- **REQUIRED ACTION**
Retype, word for word, each line between the lines holding "IsSolvent laws e'.risk" and "place-IsSolvent e.risk s", inclusive, and leave the rest of the data alone.

- **EXERCISE INPUT**
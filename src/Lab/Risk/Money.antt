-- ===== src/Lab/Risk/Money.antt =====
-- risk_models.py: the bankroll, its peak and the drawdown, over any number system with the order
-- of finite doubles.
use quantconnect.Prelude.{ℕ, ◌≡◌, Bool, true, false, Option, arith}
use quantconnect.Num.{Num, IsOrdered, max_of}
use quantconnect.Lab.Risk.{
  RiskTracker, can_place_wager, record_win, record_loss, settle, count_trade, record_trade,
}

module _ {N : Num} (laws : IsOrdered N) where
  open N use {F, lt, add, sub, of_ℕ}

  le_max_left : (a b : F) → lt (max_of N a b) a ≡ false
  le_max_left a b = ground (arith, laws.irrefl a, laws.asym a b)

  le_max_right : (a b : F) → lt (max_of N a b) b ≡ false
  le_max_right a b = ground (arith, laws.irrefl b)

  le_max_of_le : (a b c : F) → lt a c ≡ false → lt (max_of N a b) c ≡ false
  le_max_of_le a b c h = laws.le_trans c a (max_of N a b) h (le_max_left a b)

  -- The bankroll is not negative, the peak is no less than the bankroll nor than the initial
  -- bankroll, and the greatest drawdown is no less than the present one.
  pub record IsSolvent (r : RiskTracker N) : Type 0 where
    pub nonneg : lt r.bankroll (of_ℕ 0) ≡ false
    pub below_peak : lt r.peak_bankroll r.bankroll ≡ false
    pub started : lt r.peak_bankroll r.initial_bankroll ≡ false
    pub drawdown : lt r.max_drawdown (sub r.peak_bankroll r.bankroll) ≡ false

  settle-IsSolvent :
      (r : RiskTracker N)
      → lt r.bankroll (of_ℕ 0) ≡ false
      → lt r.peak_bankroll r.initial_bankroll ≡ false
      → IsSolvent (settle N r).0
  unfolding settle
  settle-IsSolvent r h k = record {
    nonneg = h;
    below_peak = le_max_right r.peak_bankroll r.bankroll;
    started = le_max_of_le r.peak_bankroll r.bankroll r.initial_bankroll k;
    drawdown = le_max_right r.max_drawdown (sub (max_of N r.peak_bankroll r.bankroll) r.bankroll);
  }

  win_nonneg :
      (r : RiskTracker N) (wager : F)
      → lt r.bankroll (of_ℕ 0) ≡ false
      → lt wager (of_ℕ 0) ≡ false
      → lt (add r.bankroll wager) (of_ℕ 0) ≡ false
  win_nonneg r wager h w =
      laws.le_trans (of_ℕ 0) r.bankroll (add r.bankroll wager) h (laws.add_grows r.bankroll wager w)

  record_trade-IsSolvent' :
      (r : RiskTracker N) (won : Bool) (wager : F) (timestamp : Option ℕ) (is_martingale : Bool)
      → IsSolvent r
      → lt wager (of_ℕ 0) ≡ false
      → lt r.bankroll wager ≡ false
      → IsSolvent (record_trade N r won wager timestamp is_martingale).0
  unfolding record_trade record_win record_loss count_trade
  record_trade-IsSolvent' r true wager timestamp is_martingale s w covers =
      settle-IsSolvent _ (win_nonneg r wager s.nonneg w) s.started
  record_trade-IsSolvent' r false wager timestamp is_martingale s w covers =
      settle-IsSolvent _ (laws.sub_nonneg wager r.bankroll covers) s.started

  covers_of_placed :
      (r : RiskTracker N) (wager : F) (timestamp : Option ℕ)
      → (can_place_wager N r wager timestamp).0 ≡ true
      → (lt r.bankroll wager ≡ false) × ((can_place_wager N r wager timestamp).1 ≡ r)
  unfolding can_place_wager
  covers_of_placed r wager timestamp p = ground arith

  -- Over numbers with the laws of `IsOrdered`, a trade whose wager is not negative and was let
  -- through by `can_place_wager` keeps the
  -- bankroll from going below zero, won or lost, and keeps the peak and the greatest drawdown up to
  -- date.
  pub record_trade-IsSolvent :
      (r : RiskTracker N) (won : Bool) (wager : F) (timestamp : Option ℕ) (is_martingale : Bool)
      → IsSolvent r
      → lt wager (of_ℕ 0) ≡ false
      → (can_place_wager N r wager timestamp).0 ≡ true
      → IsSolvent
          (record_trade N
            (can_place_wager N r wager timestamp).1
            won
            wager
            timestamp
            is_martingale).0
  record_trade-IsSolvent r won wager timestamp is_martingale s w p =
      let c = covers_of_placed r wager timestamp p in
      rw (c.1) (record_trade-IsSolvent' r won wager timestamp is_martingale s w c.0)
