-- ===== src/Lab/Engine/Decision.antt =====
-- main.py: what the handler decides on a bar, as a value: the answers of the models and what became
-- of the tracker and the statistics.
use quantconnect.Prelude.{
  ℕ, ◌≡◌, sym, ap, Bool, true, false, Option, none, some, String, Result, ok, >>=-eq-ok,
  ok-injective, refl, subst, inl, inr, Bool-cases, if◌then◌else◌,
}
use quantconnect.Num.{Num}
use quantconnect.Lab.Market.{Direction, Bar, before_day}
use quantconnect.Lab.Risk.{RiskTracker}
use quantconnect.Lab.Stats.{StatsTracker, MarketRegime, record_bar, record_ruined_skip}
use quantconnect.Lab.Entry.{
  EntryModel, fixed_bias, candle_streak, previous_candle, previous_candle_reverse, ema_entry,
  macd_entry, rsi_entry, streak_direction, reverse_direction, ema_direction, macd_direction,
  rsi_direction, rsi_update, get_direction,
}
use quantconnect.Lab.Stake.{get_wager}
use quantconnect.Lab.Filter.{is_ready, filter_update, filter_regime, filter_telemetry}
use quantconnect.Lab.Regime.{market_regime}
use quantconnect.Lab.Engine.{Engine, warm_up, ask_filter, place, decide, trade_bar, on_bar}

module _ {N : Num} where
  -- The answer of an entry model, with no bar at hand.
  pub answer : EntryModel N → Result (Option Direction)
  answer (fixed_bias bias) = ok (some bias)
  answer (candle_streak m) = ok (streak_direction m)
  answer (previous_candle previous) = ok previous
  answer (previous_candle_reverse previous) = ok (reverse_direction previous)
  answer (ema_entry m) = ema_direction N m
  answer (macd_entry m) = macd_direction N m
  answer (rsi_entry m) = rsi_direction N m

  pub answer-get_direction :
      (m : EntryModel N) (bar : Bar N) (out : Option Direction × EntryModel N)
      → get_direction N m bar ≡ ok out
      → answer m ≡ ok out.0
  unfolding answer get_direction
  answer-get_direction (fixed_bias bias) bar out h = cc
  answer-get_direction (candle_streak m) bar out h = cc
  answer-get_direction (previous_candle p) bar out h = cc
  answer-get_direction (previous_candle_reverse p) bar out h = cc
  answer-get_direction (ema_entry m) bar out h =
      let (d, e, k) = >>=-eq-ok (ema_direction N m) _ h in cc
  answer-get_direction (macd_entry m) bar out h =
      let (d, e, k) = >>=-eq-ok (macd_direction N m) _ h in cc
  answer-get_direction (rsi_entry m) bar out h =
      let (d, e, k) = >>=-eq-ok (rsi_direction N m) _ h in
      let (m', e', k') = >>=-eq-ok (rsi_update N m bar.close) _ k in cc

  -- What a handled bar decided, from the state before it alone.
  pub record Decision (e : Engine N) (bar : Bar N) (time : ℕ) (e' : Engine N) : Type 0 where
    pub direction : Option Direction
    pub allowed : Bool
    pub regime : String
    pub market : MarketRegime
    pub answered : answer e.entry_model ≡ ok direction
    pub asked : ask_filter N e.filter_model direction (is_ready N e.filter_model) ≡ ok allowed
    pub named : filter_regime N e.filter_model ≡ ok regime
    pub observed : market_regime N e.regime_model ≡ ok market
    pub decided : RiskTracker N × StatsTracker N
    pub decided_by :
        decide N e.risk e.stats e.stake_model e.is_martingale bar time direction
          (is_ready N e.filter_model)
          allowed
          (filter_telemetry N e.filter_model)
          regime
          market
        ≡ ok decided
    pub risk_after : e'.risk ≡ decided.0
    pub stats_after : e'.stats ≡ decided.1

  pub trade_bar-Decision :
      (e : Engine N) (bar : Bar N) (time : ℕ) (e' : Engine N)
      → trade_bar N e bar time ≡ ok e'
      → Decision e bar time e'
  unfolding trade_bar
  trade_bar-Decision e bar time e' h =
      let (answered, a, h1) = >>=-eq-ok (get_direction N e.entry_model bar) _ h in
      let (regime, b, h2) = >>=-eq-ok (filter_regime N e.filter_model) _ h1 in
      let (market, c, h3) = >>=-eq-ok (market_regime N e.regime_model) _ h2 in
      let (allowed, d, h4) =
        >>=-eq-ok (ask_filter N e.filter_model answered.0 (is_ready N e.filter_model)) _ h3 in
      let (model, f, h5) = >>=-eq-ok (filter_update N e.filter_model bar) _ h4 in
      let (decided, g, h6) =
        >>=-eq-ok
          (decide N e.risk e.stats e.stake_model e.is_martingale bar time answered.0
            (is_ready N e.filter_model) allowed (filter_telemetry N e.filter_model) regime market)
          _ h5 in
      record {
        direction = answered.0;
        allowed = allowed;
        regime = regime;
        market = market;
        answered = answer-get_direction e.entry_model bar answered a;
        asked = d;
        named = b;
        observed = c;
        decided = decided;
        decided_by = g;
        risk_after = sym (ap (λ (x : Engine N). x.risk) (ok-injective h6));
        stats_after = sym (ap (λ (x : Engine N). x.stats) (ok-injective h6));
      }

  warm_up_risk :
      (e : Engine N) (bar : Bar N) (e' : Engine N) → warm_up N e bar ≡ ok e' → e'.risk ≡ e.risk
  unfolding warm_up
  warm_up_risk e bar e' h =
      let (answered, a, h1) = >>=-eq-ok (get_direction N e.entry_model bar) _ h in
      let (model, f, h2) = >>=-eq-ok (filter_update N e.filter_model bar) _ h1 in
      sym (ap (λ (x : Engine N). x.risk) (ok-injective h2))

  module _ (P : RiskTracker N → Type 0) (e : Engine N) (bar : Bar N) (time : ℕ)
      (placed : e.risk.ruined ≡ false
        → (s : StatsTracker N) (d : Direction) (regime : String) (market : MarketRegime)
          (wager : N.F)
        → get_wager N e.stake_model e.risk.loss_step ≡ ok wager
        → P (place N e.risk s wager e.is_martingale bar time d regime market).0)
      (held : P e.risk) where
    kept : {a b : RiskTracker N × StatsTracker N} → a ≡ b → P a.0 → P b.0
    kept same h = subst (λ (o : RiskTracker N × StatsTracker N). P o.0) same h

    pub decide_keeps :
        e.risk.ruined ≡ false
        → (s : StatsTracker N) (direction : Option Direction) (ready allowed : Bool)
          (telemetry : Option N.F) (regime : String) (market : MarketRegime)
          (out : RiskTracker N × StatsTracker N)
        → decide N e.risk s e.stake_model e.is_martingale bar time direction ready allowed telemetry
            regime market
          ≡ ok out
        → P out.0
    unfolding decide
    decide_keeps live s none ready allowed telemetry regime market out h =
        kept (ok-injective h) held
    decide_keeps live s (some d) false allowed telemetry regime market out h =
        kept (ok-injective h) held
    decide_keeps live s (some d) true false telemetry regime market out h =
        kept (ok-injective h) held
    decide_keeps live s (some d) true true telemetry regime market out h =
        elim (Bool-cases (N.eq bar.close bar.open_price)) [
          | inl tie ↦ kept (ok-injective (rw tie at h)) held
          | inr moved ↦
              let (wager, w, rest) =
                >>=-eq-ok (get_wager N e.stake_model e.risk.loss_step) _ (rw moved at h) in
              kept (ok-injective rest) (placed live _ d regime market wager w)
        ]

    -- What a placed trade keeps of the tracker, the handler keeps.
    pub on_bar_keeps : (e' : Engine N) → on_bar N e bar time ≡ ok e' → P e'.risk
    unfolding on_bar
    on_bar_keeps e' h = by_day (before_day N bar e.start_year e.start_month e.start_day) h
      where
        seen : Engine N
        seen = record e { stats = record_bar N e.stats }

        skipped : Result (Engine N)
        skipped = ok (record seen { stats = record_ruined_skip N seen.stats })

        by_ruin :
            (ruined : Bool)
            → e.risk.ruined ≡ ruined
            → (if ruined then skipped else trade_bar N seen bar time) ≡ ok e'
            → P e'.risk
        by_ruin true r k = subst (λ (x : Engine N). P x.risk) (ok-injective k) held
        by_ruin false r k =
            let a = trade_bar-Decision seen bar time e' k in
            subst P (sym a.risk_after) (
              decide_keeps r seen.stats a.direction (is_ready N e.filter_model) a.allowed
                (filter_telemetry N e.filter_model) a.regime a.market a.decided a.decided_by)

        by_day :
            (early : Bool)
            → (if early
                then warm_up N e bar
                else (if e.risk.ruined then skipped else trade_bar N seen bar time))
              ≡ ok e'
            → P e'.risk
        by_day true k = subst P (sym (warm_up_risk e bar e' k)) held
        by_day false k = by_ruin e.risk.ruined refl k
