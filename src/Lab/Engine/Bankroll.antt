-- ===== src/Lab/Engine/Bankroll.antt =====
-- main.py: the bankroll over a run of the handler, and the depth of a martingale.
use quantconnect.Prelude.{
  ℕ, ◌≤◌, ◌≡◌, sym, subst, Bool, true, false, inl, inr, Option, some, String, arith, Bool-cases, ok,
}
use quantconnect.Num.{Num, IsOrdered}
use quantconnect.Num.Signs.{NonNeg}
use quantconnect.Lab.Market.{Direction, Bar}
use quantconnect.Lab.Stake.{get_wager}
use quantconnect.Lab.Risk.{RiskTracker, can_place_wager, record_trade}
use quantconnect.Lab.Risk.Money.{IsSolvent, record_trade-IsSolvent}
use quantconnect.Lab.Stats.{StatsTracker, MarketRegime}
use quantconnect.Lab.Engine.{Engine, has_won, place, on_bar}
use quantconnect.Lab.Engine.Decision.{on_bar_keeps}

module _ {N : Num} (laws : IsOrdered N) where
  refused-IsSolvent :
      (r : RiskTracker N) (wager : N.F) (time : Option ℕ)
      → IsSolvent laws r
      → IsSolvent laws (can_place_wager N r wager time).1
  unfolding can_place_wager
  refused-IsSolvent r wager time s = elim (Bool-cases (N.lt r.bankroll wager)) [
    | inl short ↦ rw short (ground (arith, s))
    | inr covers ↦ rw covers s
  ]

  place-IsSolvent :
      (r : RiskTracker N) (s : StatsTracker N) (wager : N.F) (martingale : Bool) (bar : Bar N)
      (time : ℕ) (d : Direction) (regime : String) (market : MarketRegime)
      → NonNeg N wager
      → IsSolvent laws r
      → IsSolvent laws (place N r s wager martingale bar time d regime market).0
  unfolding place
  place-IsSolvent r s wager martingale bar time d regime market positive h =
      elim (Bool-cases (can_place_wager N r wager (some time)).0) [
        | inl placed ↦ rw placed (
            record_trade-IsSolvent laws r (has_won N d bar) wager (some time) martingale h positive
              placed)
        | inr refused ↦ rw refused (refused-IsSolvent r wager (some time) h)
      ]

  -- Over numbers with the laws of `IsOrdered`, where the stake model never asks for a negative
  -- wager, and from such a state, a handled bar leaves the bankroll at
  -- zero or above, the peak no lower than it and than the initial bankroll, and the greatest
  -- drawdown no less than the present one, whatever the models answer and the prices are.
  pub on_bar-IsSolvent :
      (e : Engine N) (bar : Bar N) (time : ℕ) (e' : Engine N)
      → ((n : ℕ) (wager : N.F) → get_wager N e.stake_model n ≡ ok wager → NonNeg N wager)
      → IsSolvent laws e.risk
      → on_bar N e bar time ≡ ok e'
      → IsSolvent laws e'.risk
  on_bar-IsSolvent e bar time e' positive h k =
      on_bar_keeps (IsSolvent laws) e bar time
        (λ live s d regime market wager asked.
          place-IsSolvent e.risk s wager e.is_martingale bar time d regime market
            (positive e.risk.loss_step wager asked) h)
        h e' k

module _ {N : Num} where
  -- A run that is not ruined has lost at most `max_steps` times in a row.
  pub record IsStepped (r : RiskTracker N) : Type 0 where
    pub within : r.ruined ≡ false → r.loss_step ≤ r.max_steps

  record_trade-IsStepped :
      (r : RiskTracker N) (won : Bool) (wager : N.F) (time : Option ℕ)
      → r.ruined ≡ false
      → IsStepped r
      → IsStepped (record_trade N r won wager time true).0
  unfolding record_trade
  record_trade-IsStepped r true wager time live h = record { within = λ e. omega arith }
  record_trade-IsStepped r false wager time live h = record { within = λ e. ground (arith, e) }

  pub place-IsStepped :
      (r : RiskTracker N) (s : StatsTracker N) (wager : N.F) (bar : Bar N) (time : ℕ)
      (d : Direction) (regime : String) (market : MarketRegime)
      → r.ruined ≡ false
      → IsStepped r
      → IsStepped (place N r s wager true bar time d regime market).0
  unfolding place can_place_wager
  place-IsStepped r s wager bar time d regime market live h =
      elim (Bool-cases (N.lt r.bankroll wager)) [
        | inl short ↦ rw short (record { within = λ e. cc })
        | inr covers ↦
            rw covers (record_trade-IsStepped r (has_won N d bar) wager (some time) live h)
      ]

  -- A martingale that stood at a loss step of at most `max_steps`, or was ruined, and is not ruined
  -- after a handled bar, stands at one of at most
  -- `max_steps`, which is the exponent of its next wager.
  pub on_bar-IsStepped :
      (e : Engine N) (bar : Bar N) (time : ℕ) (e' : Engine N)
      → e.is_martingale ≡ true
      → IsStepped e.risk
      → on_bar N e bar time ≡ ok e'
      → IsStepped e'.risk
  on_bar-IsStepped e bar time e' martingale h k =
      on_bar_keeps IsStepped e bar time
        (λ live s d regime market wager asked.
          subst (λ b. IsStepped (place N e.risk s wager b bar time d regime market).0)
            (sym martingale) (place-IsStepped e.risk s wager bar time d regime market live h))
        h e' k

- **RESPONSE TO THE TASK**
      → IsSolvent laws e'.risk
  on_bar-IsSolvent e bar time e' positive h k =
      on_bar_keeps (IsSolvent laws) e bar time
        (λ live s d regime market wager asked.
          place-IsSolvent e.risk s wager e.is_martingale bar time d regime market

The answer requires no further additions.